Khadi – natural, organic and handcrafted
Khadi is not merely a piece of cloth. It is a philosophy. A way of life. A symbol of empowerment of pride of history of a great man's vision of the relevance of roots.
A window to India, carrying the smell of the soil. Blending the wisdom of the old with the needs of the present. Offering way to return to nature.
Handspun, Hand woven, Refined, Pure, Elegance nurtured in the lap of the earth. An excellence beyond just mechanical perfection.
A gift for today from the treasury of the past. A gift from India.
Eco-friendly and rural empowerment have become new slogans and people with discerning tastes and social concerns are keen to continue the ideals of the Mahatma. It is but natural that khadi has moved out of the popular genre to a more elite class to a great extent.
What really works for khadi is its texture. Designers love the way the fabric soaks up colour: Vegetable dyes and indigo colour get a lot of depth on khadi.
Khadi works better generally in tunics and simpler shapes as it does not fall well in bias cut (diagonal cuts). It’s a super fabric for Indian saris with its fall and drape.
khadi also has a breathability which works in its favour. Any garment that requires draping looks good in khadi. Also, layered garments in two different colours also work well in khadi.
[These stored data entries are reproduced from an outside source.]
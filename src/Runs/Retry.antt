-- ===== src/Runs/Retry.antt =====
-- repositories/run_state_repository.py: `requeue_failed`, on a run whose retry was claimed.
use text.Mathlib.Text.{starts_with, find?}
use scientific_research_rada.Prelude.{
  String, Bool, true, false, List, [], ◌∷◌, Option, none, some, ◌&&◌, ◌||◌, if◌then◌else◌, any,
}
use scientific_research_rada.Prelude.Keyed.{is_some}
use scientific_research_rada.Prelude.Outcome.{Outcome, ok, raised}
use scientific_research_rada.Runs.Model.{
  DigestRun, DigestRunStage, DigestRunStatus, DigestRunStageStatus, DigestRunStageType, stage_in,
  first_stage,
}
use scientific_research_rada.Runs.State.{clear_active_response}

-- The `ValueError` of a run with no failed stage.
pub data RetryError : Type 0 where
  no_failed_stage : RetryError

abbrev pub rejected_prefixes : List String
rejected_prefixes =
    "Discovery relevance failed: The discovery stage returned more papers"
    ∷ "Paper summaries failed: The summary stage must return exactly one summary"
    ∷ "Trend analysis failed: The trend analysis referenced unknown papers:"
    ∷ "Digest briefing failed: The digest briefing referenced unknown papers:" ∷ []

-- `message or ""`
abbrev pub or_empty : Option String → String
or_empty none = ""
or_empty (some message) = message

abbrev pub is_discovery : DigestRunStageType → Bool
is_discovery DigestRunStageType.discovery_relevance = true
is_discovery _ = false

-- A saved response that an older release kept although it was rejected.
unfoldable pub was_rejected : DigestRunStage → Bool
was_rejected failed =
    let message = or_empty failed.error_message in
    (is_discovery failed.stage
      && is_some (find? message "validation error for DiscoveryRelevanceOutput")
      && is_some (find? message "Every searched paper must have one relevance assessment"))
    || any (λ prefix. starts_with message prefix) rejected_prefixes

unfoldable pub reset_failed : DigestRunStage → DigestRunStage
unfolding was_rejected clear_active_response
reset_failed failed =
    let cleared = if was_rejected failed then clear_active_response failed else failed in
    record cleared {
      status = DigestRunStageStatus.pending;
      error_message = none;
      completed_at = none;
    }

-- The assignments to the first failed stage.
unfoldable pub reset_first : List DigestRunStage → List DigestRunStage
unfolding reset_failed
reset_first [] = []
reset_first (s ∷ rest) =
    let others = reset_first rest in
    if stage_in DigestRunStageStatus.failed s.status then reset_failed s ∷ rest else s ∷ others

unfoldable pub requeued : DigestRun → DigestRun
unfolding reset_first
requeued run = record run {
  stages = reset_first run.stages;
  status = DigestRunStatus.queued;
  error_message = none;
  completed_at = none;
  worker_id = none;
  lease_expires_at = none;
}

unfoldable pub requeue_failed : DigestRun → Outcome RetryError DigestRun
unfolding first_stage requeued
requeue_failed run =
    if is_some (first_stage DigestRunStageStatus.failed run.stages)
    then ok (requeued run)
    else raised no_failed_stage
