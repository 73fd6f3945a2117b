-- ===== src/Runs/Steps.antt =====
-- The transactions on the table of runs as steps that any number of workers and requests may take
-- in any order, and what every reachable table satisfies (repositories/run_state_repository.py,
-- radar/lifecycle.py, radar/submission.py; the index `uq_digest_runs_owner_active` of
-- models/digest_run.py).
mod Counts
pub mod Keeps
use scientific_research_rada.Prelude.{
  ℕ, ◌≤◌, String, Bool, true, false, List, [], ◌∷◌, Option, none, some, ◌==◌, ◌&&◌, ◌≡◌, All, ◌⊎◌,
}
use scientific_research_rada.Runs.Model.{
  DigestRun, DigestRunStage, DigestRunStageType, DigestSnapshot, is_active, is_running, is_failed,
}
use scientific_research_rada.Runs.State.{
  Db, update_where, row_count, with_id, holds, claim_update, renew_lease, new_run, mark_completed,
  fail_run,
}
use scientific_research_rada.Runs.Feedback.{save_feedback_if_latest}
use scientific_research_rada.Runs.Lifecycle.{on_stage}
use scientific_research_rada.Runs.Rows.{HasNoId, UniqueIds}
use scientific_research_rada.Runs.Retry.{requeued}

-- The rows that the unique index covers, for one owner.
abbrev pub active_of : ℕ → DigestRun → Bool
active_of owner r = (r.owner_id == owner) && is_active r.status

-- `cut` is the cut of a message to 2000 characters.
module _ (cut : String → String) where
  pub data Step (db : Db) : Db → Type 0 where
    -- `create_running`, flushed: the index has no other active run of the owner.
    created :
        (id now digest owner : ℕ) (snapshot : DigestSnapshot)
        → HasNoId id db.runs
        → row_count (active_of owner) db.runs ≡ 0
        → Step db (record db { runs = new_run id now digest owner snapshot ∷ db.runs })
    -- The second statement of `claim_next`.
    claimed :
        (k : ℕ) (worker : String) (lease now : ℕ) → Step db (claim_update k worker lease now db).0
    renewed : (k : ℕ) (worker : String) (lease : ℕ) → Step db (renew_lease k worker lease db).0
    -- `claim_failed_retry` and `requeue_failed`, flushed under the index.
    retried :
        (k owner : ℕ)
        → All (λ r. with_id k r ≡ true → r.owner_id ≡ owner) db.runs
        → row_count (active_of owner) db.runs ≡ 0
        → Step db (record db {
          runs = update_where (λ r. with_id k r && is_failed r.status) requeued db.runs;
        })
    -- The end of `complete_run`, fenced by a renewal in the same transaction.
    finished :
        (k : ℕ) (worker : String) (now : ℕ)
        → Step db (record db { runs = update_where (holds k worker) (mark_completed now) db.runs })
    -- The write of `fail`, by primary key: it was decided on a row that the transaction read before,
    -- so other sessions may have changed the row since, whatever its worker and status are now.
    aborted :
        (k : ℕ) (stage : DigestRunStageType) (f : DigestRunStage → DigestRunStage)
        (message : String) (at : ℕ)
        → Step db (record db {
          runs =
              update_where (with_id k) (λ r. fail_run cut message at (on_stage stage f r)) db.runs;
        })
    -- The saves of a stage, by primary key and not fenced.
    stage_saved :
        (k : ℕ) (stage : DigestRunStageType) (f : DigestRunStage → DigestRunStage)
        → Step db (record db { runs = update_where (with_id k) (on_stage stage f) db.runs })
    -- The feedback on a completed run, from a row that the request has loaded.
    fed_back :
        (run : DigestRun) (text : String) (now : ℕ)
        → Step db (save_feedback_if_latest run text now db).0

  pub data Reach (db : Db) : Db → Type 0 where
    here : Reach db db
    next : {db' db'' : Db} → Reach db db' → Step db' db'' → Reach db db''

-- A run that no worker executes has no worker and no lease; a running one has a worker.
abbrev pub IsIdle : DigestRun → Type 0
IsIdle r = (is_running r.status ≡ true) ⊎ ((r.worker_id ≡ none) × (r.lease_expires_at ≡ none))

pub record IsConsistent (db : Db) : Type 0 where
  pub unique : UniqueIds db.runs
  pub one_active : (owner : ℕ) → row_count (active_of owner) db.runs ≤ 1
  pub idle : All IsIdle db.runs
Handspun khadi, unlike mill-produced fabrics, becomes suppler with every wash. Blending khadi silk and khadi cotton with manmade eco-fibres 'tencel' and 'modal' (extracted from tree bark) makes the fabric ideal for contemporary Indian as well as Western cuts. Khadi’s unique thermal effect lends it warmth in winter and makes it a cool summer fabric.
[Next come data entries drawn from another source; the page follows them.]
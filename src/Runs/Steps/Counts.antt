-- ===== src/Runs/Steps/Counts.antt =====
-- How many rows pass a condition, before and after an update.
use scientific_research_rada.Prelude.{
  ℕ, ◌≤◌, ◌+◌, Bool, true, List, [], ◌∷◌, ◌==◌, ==_iff, ◌&&◌, ◌≡◌, All, arith, Bool-cases, inl, inr,
}
use scientific_research_rada.Runs.Model.{DigestRun}
use scientific_research_rada.Runs.State.{update_where, row_count, with_id}
use scientific_research_rada.Runs.Rows.{HasNoId, UniqueIds, row_count-missing}

module _ (test : DigestRun → Bool) (f : DigestRun → DigestRun) (P : DigestRun → Bool) where
  -- An update that makes no row pass adds none.
  pub row_count-update_le :
      (rs : List DigestRun)
      → All (λ r. test r ≡ true → P (f r) ≡ true → P r ≡ true) rs
      → row_count P (update_where test f rs) ≤ row_count P rs
  unfolding row_count update_where
  row_count-update_le [] keeps = omega arith
  row_count-update_le (r ∷ rs) keeps = ground (arith, keeps.0, row_count-update_le rs keeps.1)

  -- An update adds at most the rows that it changes.
  pub row_count-update_le_add :
      (rs : List DigestRun)
      → row_count P (update_where test f rs) ≤ row_count P rs + row_count test rs
  unfolding row_count update_where
  row_count-update_le_add [] = omega arith
  row_count-update_le_add (r ∷ rs) = ground (arith, row_count-update_le_add rs)

pub row_count-with_id_le_one :
    (k : ℕ) (test : DigestRun → Bool) (rs : List DigestRun)
    → UniqueIds rs
    → row_count (λ r. with_id k r && test r) rs ≤ 1
unfolding row_count
row_count-with_id_le_one k test [] u = omega arith
row_count-with_id_le_one k test (r ∷ rs) u = elim (Bool-cases (r.id == k)) [
  | inl same ↦
      let missing : HasNoId k rs = rw ((==_iff r.id k).0 same) at u.0 in
      ground (arith, row_count-missing k test rs missing)
  | inr other ↦ ground (arith, row_count-with_id_le_one k test rs u.1)
]

-- What holds of every row, and is kept by the change, holds after it.
pub All-update_where :
    (Q : DigestRun → Type 0) (test : DigestRun → Bool) (f : DigestRun → DigestRun)
    (rs : List DigestRun)
    → ((r : DigestRun) → test r ≡ true → Q r → Q (f r))
    → All Q rs
    → All Q (update_where test f rs)
unfolding update_where
All-update_where Q test f [] keeps h = tt
All-update_where Q test f (r ∷ rs) keeps h = elim (Bool-cases (test r)) [
  | inl passed ↦ rw passed (keeps r passed h.0, All-update_where Q test f rs keeps h.1)
  | inr failed ↦ rw failed (h.0, All-update_where Q test f rs keeps h.1)
]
For a holiday, people look for clothes which are comfortable, have great texture and are skin-friendly. The only fabrics that fit the bill are silk and khadi. Silk, however, gets spoilt in water but khadi is unaffected.
But despite khadi’s makeover, it’s difficult to divorce it from its origins. It’s history and the fact that it’s hand-woven and handspun, gives it a romantic appeal.
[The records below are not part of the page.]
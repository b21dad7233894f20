-- ===== src/TurnIntent.antt =====
-- CORE/runtime/turn_intent.py: the table of turn intents and `resolve_turn_intent`. The payload
-- hash, SHA-256 over the canonical JSON of the profile, is a parameter.
pub mod Table
pub mod Resolve
pub mod Tests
Another factor that works in khadi’s favour is that it’s ecologically sustainable. The short-stapled (which has short threads) desi variety of khadi, which is suitable for the hand-worked charkha, is ecologically viable as it does not use pesticides.
The road ahead
Though khadi is in the reckoning as a Wanted fabric for summerwear, designers feel that its full potential is yet to be realised. While there has been a huge revival of khadi, a lot more can be done for it. Khadi’s USP is that it’s hand-crafted from start to finish. It needs to be valued, positioned and marketed as a premium handmade product.
Being handspun khadi takes a long time to make, which to many, seems like a disadvantage. It’s a challenge up to us how we turn this around and market khadi’s exclusivity.